# Chinese Basketball Discussion Thread



## carayip (Jan 15, 2003)

Anyone here who can discuss with me?


----------



## . (Jun 30, 2003)

MEEEEEEEEEEE !!!!! i always wanted to discuss more about chinese basketball with someone from this board but lot of times the person just said "SORRY MAN I DONT KNOW ANYTHING ABOUT ASIAN BASKETBALL, SORRY DUDE"

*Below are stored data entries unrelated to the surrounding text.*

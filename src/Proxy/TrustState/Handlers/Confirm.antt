-- ===== src/Proxy/TrustState/Handlers/Confirm.antt =====
-- apps/proxy/src/proxy-trust-state/handlers.ts, `handleConfirmPairingTicket`: it awaits the check of
-- the signature, where other requests may run, and then saves the tickets that it read before.
use clawdentity.Shared.{ℕ, true, not, Option, none, some, ◌==◌, ◌>>=◌, if◌then◌else◌}
use clawdentity.Shared.Dict.{get, set, delete}
use clawdentity.Shared.Json.{Value, member, non_empty_string}
use clawdentity.Proxy.Trust.Keys.{normalize_expiry_to_whole_second}
use clawdentity.Proxy.Trust.Types.{
  Outcome, ok, failed, PairingTicketConfirmInput, PairingTicketPayload, StoredTicket,
  ConfirmedTicket,
}
use clawdentity.Proxy.Trust.Confirm.{Awaiting, is_past, is_for, forbids, confirmed_pair}
use clawdentity.Proxy.TrustState.Utils.{Outside, parse_peer_profile}
use clawdentity.Proxy.TrustState.Storage.{
  Storage, ExpirableTrustState, load_expirable_state, save_expirable_state_and_schedule,
}
use clawdentity.Proxy.TrustState.Handlers.{
  Response, json, error_response, ticket_confirmed, expired_response, not_found_response, now_of,
  save_pair,
}
use clawdentity.Proxy.TrustState.Handlers.Pairing.{parse_failure}

-- A confirmation at its `await`, with the tickets that it has read.
pub record Confirming : Type 0 where
  pub awaiting : Awaiting
  pub read_state : ExpirableTrustState

-- An answer, or the rest of the handler.
pub data Begun : Type 0 where
  answered : Response → Begun
  waits : Confirming → Begun

module _ (outside : Outside) where
  unfoldable pub read_confirm : Option Value → Option PairingTicketConfirmInput
  read_confirm body = do
    profile ← parse_peer_profile outside.parse_url (member body "responderProfile")
    ticket ← non_empty_string (member body "ticket")
    responder ← non_empty_string (member body "responderAgentDid")
    some (record { ticket = ticket; responder_agent_did = responder; responder_profile = profile })

  unfoldable pub begin_found :
      ℕ
      → PairingTicketConfirmInput
      → PairingTicketPayload
      → Option StoredTicket
      → ExpirableTrustState
      → Begun
  begin_found now input payload none s = answered not_found_response
  begin_found now input payload (some stored) s = waits (record {
    awaiting = record { input = input; now_ms = now; parsed = payload; stored = stored };
    read_state = s;
  })

  unfoldable pub begin_with :
      ℕ → PairingTicketConfirmInput → Outcome PairingTicketPayload → Storage → Begun
  unfolding is_for begin_found parse_failure
  begin_with now input (failed e) st = answered (parse_failure outside e)
  begin_with now input (ok payload) st =
      let s = load_expirable_state outside st in
      let ticket = outside.tickets.normalize_pairing_ticket_text input.ticket in
      if is_for ticket (get s.confirmed_pairing_tickets payload.kid)
      then answered (error_response "PROXY_PAIR_TICKET_ALREADY_CONFIRMED" 409)
      else begin_found now input payload (get s.pairing_tickets payload.kid) s

  unfoldable pub begin_confirm : ℕ → Option Value → Storage → Begun
  unfolding read_confirm begin_with now_of
  begin_confirm clock body st = elim (read_confirm body) [
    | none ↦ answered (error_response "PROXY_PAIR_CONFIRM_INVALID_BODY" 400)
    | some input ↦
        begin_with (now_of clock body) input
          (outside.tickets.parse_pairing_ticket
            (outside.tickets.normalize_pairing_ticket_text input.ticket))
          st
  ]

  abbrev pub confirmed_ticket : Awaiting → ConfirmedTicket
  confirmed_ticket a = record {
    ticket = outside.tickets.normalize_pairing_ticket_text a.input.ticket;
    expires_at_ms = a.stored.expires_at_ms;
    pair = confirmed_pair a;
    confirmed_at_ms = normalize_expiry_to_whole_second a.now_ms;
  }

  unfoldable pub store_confirmed : Confirming → Storage → Storage
  unfolding save_pair
  store_confirmed c st =
      let a = c.awaiting in
      save_expirable_state_and_schedule outside true true
        (record {
          pairing_tickets = delete c.read_state.pairing_tickets a.parsed.kid;
          confirmed_pairing_tickets =
              set c.read_state.confirmed_pairing_tickets a.parsed.kid (confirmed_ticket a);
        })
        (save_pair a.stored.initiator_agent_did a.input.responder_agent_did st)

  unfoldable pub drop_expired : Confirming → Storage → Storage
  drop_expired c st =
      let kid = c.awaiting.parsed.kid in
      save_expirable_state_and_schedule outside true true
        (record {
          pairing_tickets = delete c.read_state.pairing_tickets kid;
          confirmed_pairing_tickets = delete c.read_state.confirmed_pairing_tickets kid;
        })
        st

  unfoldable pub finish_confirm : Confirming → Storage → Storage × Response
  unfolding forbids store_confirmed drop_expired
  finish_confirm c st =
      let a = c.awaiting in
      if not (outside.tickets.verify_pairing_ticket_signature a.parsed a.stored.public_key_x)
      then (st, error_response "PROXY_PAIR_TICKET_INVALID_SIGNATURE" 400)
      else if is_past a.now_ms a.stored.expires_at_ms a.parsed
      then (drop_expired c st, expired_response)
      else if not (a.stored.issuer_proxy_url == a.parsed.iss)
      then (st, error_response "PROXY_PAIR_TICKET_INVALID_ISSUER" 400)
      else if forbids a.stored.allow_responder_agent_did a.input.responder_agent_did
      then (st, error_response "PROXY_PAIR_RESPONDER_FORBIDDEN" 403)
      else (store_confirmed c st, json (ticket_confirmed (confirmed_pair a)))

  unfoldable pub finish_begun : Begun → Storage → Storage × Response
  finish_begun (answered r) st = (st, r)
  finish_begun (waits c) st = finish_confirm c st

  -- The whole handler where no other request runs at its `await`.
  unfoldable pub handle_confirm_pairing_ticket : ℕ → Option Value → Storage → Storage × Response
  unfolding finish_begun
  handle_confirm_pairing_ticket clock body st = finish_begun (begin_confirm clock body st) st
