-- ===== src/Gem/Service/Events.antt =====
-- What the machine reports (src/secsgem/gem/gem_service.cpp): the tasks that the subscriptions of the
-- event bus post to the I/O thread, and the calls that the HSMS session makes besides on_data.
pub mod Numbered
use semiconductor_metrology.Base.{
  ℕ, Bool, true, false, List, [], ◌∷◌, Option, none, some, ◌+◌, ◌%◌, ◌^◌, if◌then◌else◌, Text,
}
use semiconductor_metrology.Secs2.Item.{Item, array, boolean}
use semiconductor_metrology.Hsms.Connection.{ConnectionState, selected, not_selected, not_connected}
use semiconductor_metrology.Core.Controller.{ControlMode, is_offline}
use semiconductor_metrology.Core.Process.{ProcessState}
use semiconductor_metrology.Core.MachineApi.{WaferResultReady, snapshot}
use semiconductor_metrology.Gem.Identifiers.{
  ceid_control_state_changed, ceid_process_state_changed, ceid_wafer_scan_started,
  ceid_wafer_scan_complete, ceid_wafer_out_of_spec, ceid_run_aborted, rptid_wafer_result,
  rptid_states, rptid_scan_started, alcd_set_bit, alarm_category,
}
use semiconductor_metrology.Gem.Messages.{Report, ascii_item}
use semiconductor_metrology.Gem.Service.{
  GemService, Surroundings, not_communicating, control_code, process_code, send_event, send_alarm,
  send_s9, find_request, erase_request,
}
use semiconductor_metrology.Gem.Service.Requests.{u1_item, f4_item}

abbrev pub states_report : ControlMode → ProcessState → List Report
states_report control process =
    record {
      rptid = rptid_states;
      values = u1_item (control_code control) ∷ u1_item (process_code process) ∷ [];
    }
    ∷ []

unfoldable pub on_process_state_changed : ProcessState → GemService → GemService
unfolding send_event
on_process_state_changed to g =
    send_event ceid_process_state_changed (states_report (snapshot g.api).control_mode to) g

unfoldable pub on_control_state_changed : ControlMode → GemService → GemService
unfolding send_event
on_control_state_changed to g =
    send_event ceid_control_state_changed (states_report to (snapshot g.api).process_state)
      (if is_offline to then g else record g { preferred_online_mode = to })

-- The slot and the number of lines are cut to a byte.
unfoldable pub on_scan_started : Text → ℕ → GemService → GemService
unfolding send_event
on_scan_started wafer_id slot g =
    send_event ceid_wafer_scan_started
      (record {
        rptid = rptid_scan_started;
        values =
            ascii_item wafer_id ∷ u1_item (slot % 256) ∷ u1_item (g.config.num_lines % 256) ∷ [];
      }
        ∷ [])
      g

abbrev pub result_report : Surroundings → WaferResultReady → List Report
result_report w r =
    record {
      rptid = rptid_wafer_result;
      values =
          ascii_item r.wafer_id
          ∷ u1_item (r.slot % 256)
          ∷ f4_item (w.to_float r.stress_mpa)
          ∷ f4_item (w.to_float r.stress_unc_mpa)
          ∷ f4_item (w.to_float r.curvature_per_m)
          ∷ f4_item (w.to_float r.fit_rms_um)
          ∷ array boolean ((if r.out_of_spec then 1 else 0) ∷ [])
          ∷ [];
    }
    ∷ []

-- wafers_processed_ is a std::uint32_t.
unfoldable pub on_result : Surroundings → WaferResultReady → GemService → GemService
unfolding send_event
on_result w r g =
    let g =
      send_event ceid_wafer_scan_complete (result_report w r)
        (record g { wafers_processed = (g.wafers_processed + 1) % 2 ^ 32 }) in
    if r.out_of_spec then send_event ceid_wafer_out_of_spec (result_report w r) g else g

unfoldable pub on_run_aborted : GemService → GemService
unfolding send_event
on_run_aborted g =
    let snap = snapshot g.api in
    send_event ceid_run_aborted (states_report snap.control_mode snap.process_state) g

-- The bits of the two constants do not meet, so | is +.
unfoldable pub on_alarm : Bool → ℕ → Text → GemService → GemService
unfolding send_alarm
on_alarm set alid text =
    send_alarm ((if set then alcd_set_bit else 0) + alarm_category) (alid % 2 ^ 32) text

unfoldable pub on_session_state : ConnectionState → GemService → GemService
on_session_state selected g = g
on_session_state not_selected g = record g { comm = not_communicating; open_requests = [] }
on_session_state not_connected g = record g { comm = not_communicating; open_requests = [] }

unfoldable pub on_transaction_timeout : ℕ → GemService → GemService
unfolding send_s9 find_request erase_request
on_transaction_timeout system_bytes g = elim (find_request system_bytes g.open_requests) [
  | none ↦ g
  | some sent ↦
      send_s9 9 sent (record g { open_requests = erase_request system_bytes g.open_requests })
]
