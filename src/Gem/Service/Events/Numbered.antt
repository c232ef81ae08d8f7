-- ===== src/Gem/Service/Events/Numbered.antt =====
-- The calls that the service gets, one after the other on the I/O thread, and the events among what
-- it posts (src/secsgem/gem/gem_service.cpp).
use semiconductor_metrology.Base.{
  ℕ, ◌+◌, ◌%◌, ◌^◌, Bool, true, false, ◌&&◌, ◌==◌, List, [], ◌∷◌, ◌++◌, Option, none, some, ◌≡◌,
  refl, sym, ap, ◌∙◌, Result, ok, err, ◌>>=◌, if◌then◌else◌, append-nil, append_assoc, Text,
}
use semiconductor_metrology.Secs2.Item.{Item, array, cons, u4}
use semiconductor_metrology.Secs2.Message.{Message}
use semiconductor_metrology.Hsms.Connection.{ConnectionState, selected, not_selected, not_connected}
use semiconductor_metrology.Hsms.Frame.{Header}
use semiconductor_metrology.Hsms.Session.{Delivery}
use semiconductor_metrology.Core.Controller.{ControlMode, offline, online_local, online_remote}
use semiconductor_metrology.Core.Process.{ProcessState}
use semiconductor_metrology.Core.MachineApi.{Machine, WaferResultReady}
use semiconductor_metrology.Gem.Messages.{Report, from_list}
use semiconductor_metrology.Gem.Service.{
  GemService, Surroundings, Post, post_request, post_reply, CommState, communicating,
  not_communicating, send_request, send_event, send_alarm, send_s9, on_sent, find_request,
  erase_request,
}
use semiconductor_metrology.Gem.Service.Requests.{on_data}
use semiconductor_metrology.Gem.Service.Requests.Answered.{Answers, Due, Returns, on_data-Answers}
use semiconductor_metrology.Gem.Service.Events.{
  on_process_state_changed, on_control_state_changed, on_scan_started, on_result, on_run_aborted,
  on_alarm, on_session_state, on_transaction_timeout, result_report, states_report,
}
use semiconductor_metrology.Gem.Identifiers.{
  ceid_control_state_changed, ceid_wafer_scan_complete, ceid_wafer_out_of_spec,
}

pub data Call : Type 0 where
  process_state_call : ProcessState → Call
  control_state_call : ControlMode → Call
  scan_started_call : Text → ℕ → Call
  result_call : WaferResultReady → Call
  run_aborted_call : Call
  alarm_call : Bool → ℕ → Text → Call
  session_state_call : ConnectionState → Call
  timeout_call : ℕ → Call
  sent_call : Message → ℕ → Call
  data_call : Delivery → Call
  machine_call : Machine → Call

-- Each call, the last being a change of the machine that the service does not make.
unfoldable pub perform : Surroundings → Call → GemService → Result GemService
perform w (process_state_call to) g = ok (on_process_state_changed to g)
perform w (control_state_call to) g = ok (on_control_state_changed to g)
perform w (scan_started_call wafer_id slot) g = ok (on_scan_started wafer_id slot g)
perform w (result_call r) g = ok (on_result w r g)
perform w run_aborted_call g = ok (on_run_aborted g)
perform w (alarm_call set alid text) g = ok (on_alarm set alid text g)
perform w (session_state_call s) g = ok (on_session_state s g)
perform w (timeout_call system) g = ok (on_transaction_timeout system g)
perform w (sent_call message system) g = ok (on_sent message system g)
perform w (data_call d) g = on_data w d g
perform w (machine_call m) g = ok (record g { api = m })

unfoldable pub run : Surroundings → List Call → GemService → Result GemService
unfolding perform
run w [] g = ok g
run w (c ∷ cs) g = perform w c g >>= λ g'. run w cs g'

-- The DATAID of a post, where it is an S6F11.
unfoldable pub first_u4 : Option Item → Option ℕ
first_u4 (some (Item.list (cons (array u4 (v ∷ [])) rest))) = some v
first_u4 _ = none

unfoldable pub dataid_of : Post → Option ℕ
unfolding first_u4
dataid_of (post_request m) = if m.stream == 6 && m.function == 11 then first_u4 m.body else none
dataid_of (post_reply system m) = none

-- The DATAIDs among the posts count up from `n`, with 32 bits, and `k` is the one after them.
pub At : Option ℕ → ℕ → (ℕ → Type 0) → Type 0
At none n Rest = Rest n
At (some d) n Rest = (d ≡ n) × Rest ((n + 1) % 2 ^ 32)

pub Numbered : ℕ → List Post → ℕ → Type 0
unfolding At
Numbered n [] k = n ≡ k
Numbered n (p ∷ ps) k = At (dataid_of p) n (λ m. Numbered m ps k)

-- A result of the service `g`, whose new posts are numbered from its DATAID to that of the result.
pub Counts : GemService → Result GemService → Type 0
Counts g (err e) = ⊥
Counts g (ok g') =
    (news : List Post) × (g'.posts ≡ g.posts ++ news) × Numbered g.next_dataid news g'.next_dataid

silent :
    (g g' : GemService) → g'.posts ≡ g.posts → g'.next_dataid ≡ g.next_dataid → Counts g (ok g')
unfolding Counts Numbered
silent g g' h k = ([], h ∙ sym (append-nil g.posts), sym k)

At-map : (o : Option ℕ) (n : ℕ) (P Q : ℕ → Type 0) → ((m : ℕ) → P m → Q m) → At o n P → At o n Q
unfolding At
At-map none n P Q f h = f n h
At-map (some d) n P Q f h = (h.0, f ((n + 1) % 2 ^ 32) h.1)

Numbered-append :
    (n k l : ℕ) (ps qs : List Post) → Numbered n ps k → Numbered k qs l → Numbered n (ps ++ qs) l
unfolding Numbered
Numbered-append n k l [] qs h i = rw (h) i
Numbered-append n k l (p ∷ ps) qs h i =
    At-map (dataid_of p) n _ _ (λ m h. Numbered-append m k l ps qs h i) h

then-Counts :
    (g : GemService) (r : Result GemService) (next : GemService → Result GemService)
    → Counts g r
    → ((g' : GemService) → Counts g' (next g'))
    → Counts g (r >>= λ g'. next g')
unfolding Counts
then-Counts g (err e) next h k = elim h [ ]
then-Counts g (ok g') next h k = joined (next g') (k g')
  where
    joined : (r : Result GemService) → Counts g' r → Counts g r
    joined (err e) h2 = elim h2 [ ]
    joined (ok g2) (news2, p2, n2) =
        let (news, p, n) = h in
        (
          news ++ news2,
          p2 ∙ ap (λ ps. ps ++ news2) p ∙ append_assoc g.posts news news2,
          Numbered-append _ _ _ news news2 n n2,
        )

event-Counts :
    (ceid : ℕ) (reports : List Report) (g : GemService) → Counts g (ok (send_event ceid reports g))
unfolding Counts Numbered send_event send_request dataid_of first_u4 from_list
event-Counts ceid reports g = by_comm g.comm
  where
    by_comm :
        (c : CommState)
        → Counts (record g { comm = c }) (ok (send_event ceid reports (record g { comm = c })))
    by_comm not_communicating = ([], sym (append-nil g.posts), refl)
    by_comm communicating = (_, refl, (refl, refl))

alarm-Counts :
    (alcd alid : ℕ) (text : Text) (g : GemService) → Counts g (ok (send_alarm alcd alid text g))
unfolding Counts Numbered send_alarm send_request dataid_of
alarm-Counts alcd alid text g = by_comm g.comm
  where
    by_comm :
        (c : CommState)
        → Counts (record g { comm = c }) (ok (send_alarm alcd alid text (record g { comm = c })))
    by_comm not_communicating = ([], sym (append-nil g.posts), refl)
    by_comm communicating = (_, refl, refl)

Due-Numbered : (d : Delivery) (news : List Post) (n : ℕ) → Due d news → Numbered n news n
unfolding Due Answers Numbered dataid_of
Due-Numbered d news n h = by_reply d.reply_to h
  where
    by_reply : (o : Option ℕ) → Due (record d { reply_to = o }) news → Numbered n news n
    by_reply (some system) e = rw (e) refl
    by_reply none e = by_news news e
      where
        by_news : (news : List Post) → Answers d.frame news → Numbered n news n
        by_news [] e = refl
        by_news (post_reply system m ∷ []) e = refl
        by_news (post_request m ∷ []) (f, e) = rw (e) refl
        by_news (p ∷ q ∷ ps) e = elim e [ ]

s9-Counts : (f : ℕ) (h : Header) (g : GemService) → Counts g (ok (send_s9 f h g))
unfolding Counts Numbered send_s9 send_request dataid_of
s9-Counts f h g = (_, refl, refl)

data-Counts : (w : Surroundings) (d : Delivery) (g : GemService) → Counts g (on_data w d g)
unfolding Counts Returns
data-Counts w d g =
    let (g', news, r, p, n, due) = on_data-Answers w d g in
    rw (r) (news, p, rw (n) (Due-Numbered d news g.next_dataid due))

result-Counts :
    (w : Surroundings) (r : WaferResultReady) (g : GemService) → Counts g (ok (on_result w r g))
unfolding Counts Numbered on_result
result-Counts w r g =
    then-Counts counted (ok (send_event ceid_wafer_scan_complete (result_report w r) counted))
      (λ g'.
        ok (if r.out_of_spec then send_event ceid_wafer_out_of_spec (result_report w r) g' else g'))
      (event-Counts ceid_wafer_scan_complete (result_report w r) counted)
      (λ g'. second g' r.out_of_spec)
  where
    counted : GemService
    counted = record g { wafers_processed = (g.wafers_processed + 1) % 2 ^ 32 }

    second :
        (g' : GemService) (b : Bool)
        → Counts g'
            (ok (if b then send_event ceid_wafer_out_of_spec (result_report w r) g' else g'))
    second g' true = event-Counts ceid_wafer_out_of_spec (result_report w r) g'
    second g' false = ([], sym (append-nil g'.posts), refl)

session-Counts : (s : ConnectionState) (g : GemService) → Counts g (ok (on_session_state s g))
unfolding on_session_state
session-Counts selected g = silent g _ refl refl
session-Counts not_selected g = silent g _ refl refl
session-Counts not_connected g = silent g _ refl refl

timeout-Counts : (k : ℕ) (g : GemService) → Counts g (ok (on_transaction_timeout k g))
unfolding Counts on_transaction_timeout
timeout-Counts k g = by_request (find_request k g.open_requests)
  where
    by_request :
        (o : Option Header)
        → Counts g (
            ok (elim o [
              | none ↦ g
              | some sent ↦
                  send_s9 9 sent (record g { open_requests = erase_request k g.open_requests })
            ]))
    by_request none = silent g g refl refl
    by_request (some sent) =
        s9-Counts 9 sent (record g { open_requests = erase_request k g.open_requests })

sent-Counts : (m : Message) (k : ℕ) (g : GemService) → Counts g (ok (on_sent m k g))
unfolding Counts Numbered on_sent
sent-Counts m k g = by_bit m.w_bit
  where
    by_bit : (b : Bool) → Counts g (ok (on_sent (record m { w_bit = b }) k g))
    by_bit false = ([], sym (append-nil g.posts), refl)
    by_bit true = ([], sym (append-nil g.posts), refl)

control-Counts : (to : ControlMode) (g : GemService) → Counts g (ok (on_control_state_changed to g))
unfolding Counts on_control_state_changed
control-Counts offline g =
    event-Counts ceid_control_state_changed (states_report offline g.api.controller.state) g
control-Counts online_local g =
    event-Counts ceid_control_state_changed (states_report online_local g.api.controller.state)
      (record g { preferred_online_mode = online_local })
control-Counts online_remote g =
    event-Counts ceid_control_state_changed (states_report online_remote g.api.controller.state)
      (record g { preferred_online_mode = online_remote })

perform-Counts : (w : Surroundings) (c : Call) (g : GemService) → Counts g (perform w c g)
unfolding perform on_process_state_changed on_scan_started on_run_aborted on_alarm
perform-Counts w (process_state_call to) g = search event-Counts
perform-Counts w (control_state_call to) g = control-Counts to g
perform-Counts w (scan_started_call wafer_id slot) g = search event-Counts
perform-Counts w (result_call r) g = result-Counts w r g
perform-Counts w run_aborted_call g = search event-Counts
perform-Counts w (alarm_call set alid text) g = search alarm-Counts
perform-Counts w (session_state_call s) g = session-Counts s g
perform-Counts w (timeout_call system) g = timeout-Counts system g
perform-Counts w (sent_call message system) g = sent-Counts message system g
perform-Counts w (data_call d) g = data-Counts w d g
perform-Counts w (machine_call m) g = silent g (record g { api = m }) refl refl

-- Whatever calls the service gets, in whatever order, it returns from each, and the S6F11 messages
-- that it posts carry the DATAIDs from its own on, one after the other, with 32 bits.
pub run-Counts : (w : Surroundings) (cs : List Call) (g : GemService) → Counts g (run w cs g)
unfolding run
run-Counts w [] g = silent g g refl refl
run-Counts w (c ∷ cs) g =
    then-Counts g (perform w c g) (run w cs) (perform-Counts w c g) (run-Counts w cs)
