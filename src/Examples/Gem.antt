-- ===== src/Examples/Gem.antt =====
-- The theorems about src/secsgem/gem at concrete inputs, and tests of the definitions.
use semiconductor_metrology.Base.{
  ◌≡◌, refl, true, List, [], ◌∷◌, ◌%◌, ◌^◌, text_eq, none, ok, arith, codes,
}
use semiconductor_metrology.Secs2.MessageFactory.{check, valid}
use semiconductor_metrology.Hsms.Session.{Delivery}
use semiconductor_metrology.Core.Controller.{Controller, online_remote}
use semiconductor_metrology.Core.Controller
use semiconductor_metrology.Core.Controller.Invariant.{Inv, observed}
use semiconductor_metrology.Core.MachineApi.{Machine}
use semiconductor_metrology.Core.MachineApi
use semiconductor_metrology.Core.Process.{scanning}
use semiconductor_metrology.Gem.Messages.{
  RemoteCommand, EventReport, AlarmReport, ascii_item, u4_item, as_ascii,
}
use semiconductor_metrology.Gem.Messages.Builders.{
  make_s2f41, make_s2f42, parse_s2f41, parse_s2f42, make_s1f3, parse_s1f3, make_s6f11, parse_s6f11,
  make_s5f1, parse_s5f1,
}
use semiconductor_metrology.Gem.Messages.RoundTrip.{command_comes_back, reports_come_back}
use semiconductor_metrology.Gem.Messages.Catalogues.{
  register_equipment_catalogue, register_host_catalogue,
}
use semiconductor_metrology.Gem.Messages.Catalogues.Accepted.{
  host_message, equipment_message, remote_command, event_report, HostFits, EquipmentFits,
  catalogues_accept,
}
use semiconductor_metrology.Gem.Service.{GemConfig, GemService, Surroundings}
use semiconductor_metrology.Gem.Service
use semiconductor_metrology.Gem.Service.Commands.{
  valid_wafer_id, all_id_chars, is_id_char, done_hcack, command_name, execute_command,
}
use semiconductor_metrology.Gem.Service.Commands.Hcack.{
  wafer_of, valid_wafer, can_do, Answered, answer_of, execute_command-hcack,
}
use semiconductor_metrology.Gem.Service.Requests.{on_data}
use semiconductor_metrology.Gem.Service.Requests.Answered.{Returns, Due, on_data-Answers}
use semiconductor_metrology.Gem.Service.Events.Numbered.{
  Call, data_call, process_state_call, alarm_call, Counts, run, run-Counts,
}

abbrev start_w001 : RemoteCommand
start_w001 = record {
  rcmd = codes "START";
  params = record { name = codes "WAFER_ID"; value = ascii_item (codes "W001") } ∷ [];
}

command_comes_back_example :
    (parse_s2f41 (make_s2f41 start_w001) ≡ ok start_w001)
    × (parse_s2f42 (make_s2f42 4 []) ≡ ok (record { hcack = 4; params = [] }))
command_comes_back_example = command_comes_back start_w001 4 []

abbrev states : EventReport
states = record {
  dataid = 7;
  ceid = 2002;
  reports = record { rptid = 3002; values = u4_item 1 ∷ [] } ∷ [];
}

abbrev stall : AlarmReport
stall = record { alcd = 133; alid = 1001; altx = codes "stall" }

reports_come_back_example :
    (parse_s1f3 (make_s1f3 (4001 ∷ 4002 ∷ [])) ≡ ok (4001 ∷ 4002 ∷ []))
    × (parse_s6f11 (make_s6f11 states) ≡ ok states)
    × (parse_s5f1 (make_s5f1 stall) ≡ ok stall)
reports_come_back_example =
    reports_come_back (4001 ∷ 4002 ∷ []) states stall (omega arith, (omega arith, tt)) (omega arith)
      (omega arith) (omega arith, tt) (omega arith)

start_fits : HostFits (remote_command start_w001)
unfolding HostFits
start_fits = tt

states_fit : EquipmentFits (event_report states)
unfolding EquipmentFits
states_fit = (omega arith, omega arith, (omega arith, tt))

catalogues_accept_example :
    (check (host_message (remote_command start_w001)) register_equipment_catalogue ≡ valid)
    × (check (equipment_message (event_report states)) register_host_catalogue ≡ valid)
catalogues_accept_example =
    catalogues_accept (remote_command start_w001) (event_report states) start_fits states_fit

abbrev remote_machine : Machine
remote_machine = MachineApi.new (record Controller.new { control_mode = online_remote })

remote_machine-Inv : Inv remote_machine.controller
unfolding observed
remote_machine-Inv = record { mirrored = refl; flagged = refl; heard = refl }

execute_command-hcack_example :
    Answered
      (answer_of (command_name start_w001.rcmd) start_w001.params remote_machine.controller)
      remote_machine
      (execute_command start_w001 remote_machine)
execute_command-hcack_example = execute_command-hcack start_w001 remote_machine remote_machine-Inv

answer_to_start :
    answer_of (command_name start_w001.rcmd) start_w001.params remote_machine.controller ≡ 4
unfolding answer_of command_name text_eq wafer_of valid_wafer as_ascii valid_wafer_id all_id_chars
    is_id_char can_do done_hcack
answer_to_start = refl

abbrev gem_config : GemConfig
gem_config = record {
  identity = record { model = codes "SSIM-128"; softrev = codes "0.1.0" };
  device_id = 0;
  allow_host_online = true;
  max_body_bytes = 65536;
  num_lines = 6;
}

abbrev surroundings : Surroundings
surroundings = record { uptime_seconds = 60; to_float = λ bits. bits % 2 ^ 32 }

-- S1F13 with an empty body.
abbrev establish_delivery : Delivery
establish_delivery = record {
  frame = record {
    header = record {
      session_id = 0;
      byte2 = 129;
      byte3 = 13;
      ptype = 0;
      stype = 0;
      system_bytes = 5;
    };
    body = [];
  };
  reply_to = none;
}

abbrev service : GemService
service = Service.new gem_config remote_machine

on_data-Answers_example :
    Returns (Due establish_delivery) service (on_data surroundings establish_delivery service)
on_data-Answers_example = on_data-Answers surroundings establish_delivery service

abbrev some_calls : List Call
some_calls =
    data_call establish_delivery
    ∷ process_state_call scanning
    ∷ alarm_call true 1001 (codes "stall")
    ∷ process_state_call scanning
    ∷ []

run-Counts_example : Counts service (run surroundings some_calls service)
run-Counts_example = run-Counts surroundings some_calls service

do you have any link about young promising tall chinese prospects ??
i would love to share thoughts with you
reply me as soon as you can
my yahoo id name is [email protected]


----------



## carayip (Jan 15, 2003)

You are banned on this board. 

I follow Chinese b-ball (especially the national team) very closely.


----------



## bender (Jul 15, 2002)

Do you know Yi Jianlians stats from the 02-03 season in the CBA?


----------



## carayip (Jan 15, 2003)

7.1 mpg, 3.5 ppg 1.89 rpg, 0.31 bpg, 52.4 fg%, 56.8 ft%

He's still a bench player on the team. But he had a few good performances in the championship series.


----------



## carayip (Jan 15, 2003)

I will find out the other stats for Yi later on. He sure has a lot of promise and has incredible youth on his side. Order of pick depends on his progress in these next few years, really difficult to predict right now.


----------



## carayip (Jan 15, 2003)

Yi Jian Lian's other stats: played 26 games, 0 3pt fg% (0/1), 0.35 dunks per game, 0.15 apg, 0.38 spg, 1.19 being fouled per games, 1.08 committed fouls per game, 0.31 turnovers per game.


----------



## Kunlun (Jun 22, 2003)

I kind of know CBA basketball.


----------



## chris916 (May 16, 2003)

I would like to discuss Chinese basketball with you guys. China has Yao Ming and will have a long lines of propects coming up. But don't get caught up with the CBA too much. It's simply not a very strong league, basketball-wise. Teams are averaging 120 points per game there. It's crazy....


----------



## carayip (Jan 15, 2003)

The problem for the CBA is that the coaching was simply not good enough.


----------



## $$$$$$$$$$$$$$$$$$$$$ (Aug 7, 2003)

hey carayip i would love to discuss more about chinese basketball with you, i am very interested in those young tall chinese players....those who are above 6-9 (206 cm)
i wonder who will be the one select in the next year's draft, my pick will be "MO KE", the big guy who play for the bayi rocket, hes about 6-11 (209 cm) and very mobile although not very athletic jump-wise but is a very fundamentally sound player, build a lot like wang zhi zhi but is a lot tougher, especially on defense and boards, look for him to be a second round pick next year.


----------



## bender (Jul 15, 2002)

What about this other young prospect Mo Guo-Chao? Someone reported about him in this forum some months ago. Where's he playing now?


----------



## carayip (Jan 15, 2003)

The Chinese NT was 5-0 vs USBA, 3-0 (so far) vs Melbourne Tigers during recent warm-up games.


----------



## bender (Jul 15, 2002)

*Yi Jianlian unable to enter the NBA Draft till 2009?*

The Chinese goverment didn't allow Yao Ming to leave the CBA before he was 22. So they do now with Xue Yuyang. They try to increase the level of the CBA with this "method" (keeping the biggest talents as long as possible).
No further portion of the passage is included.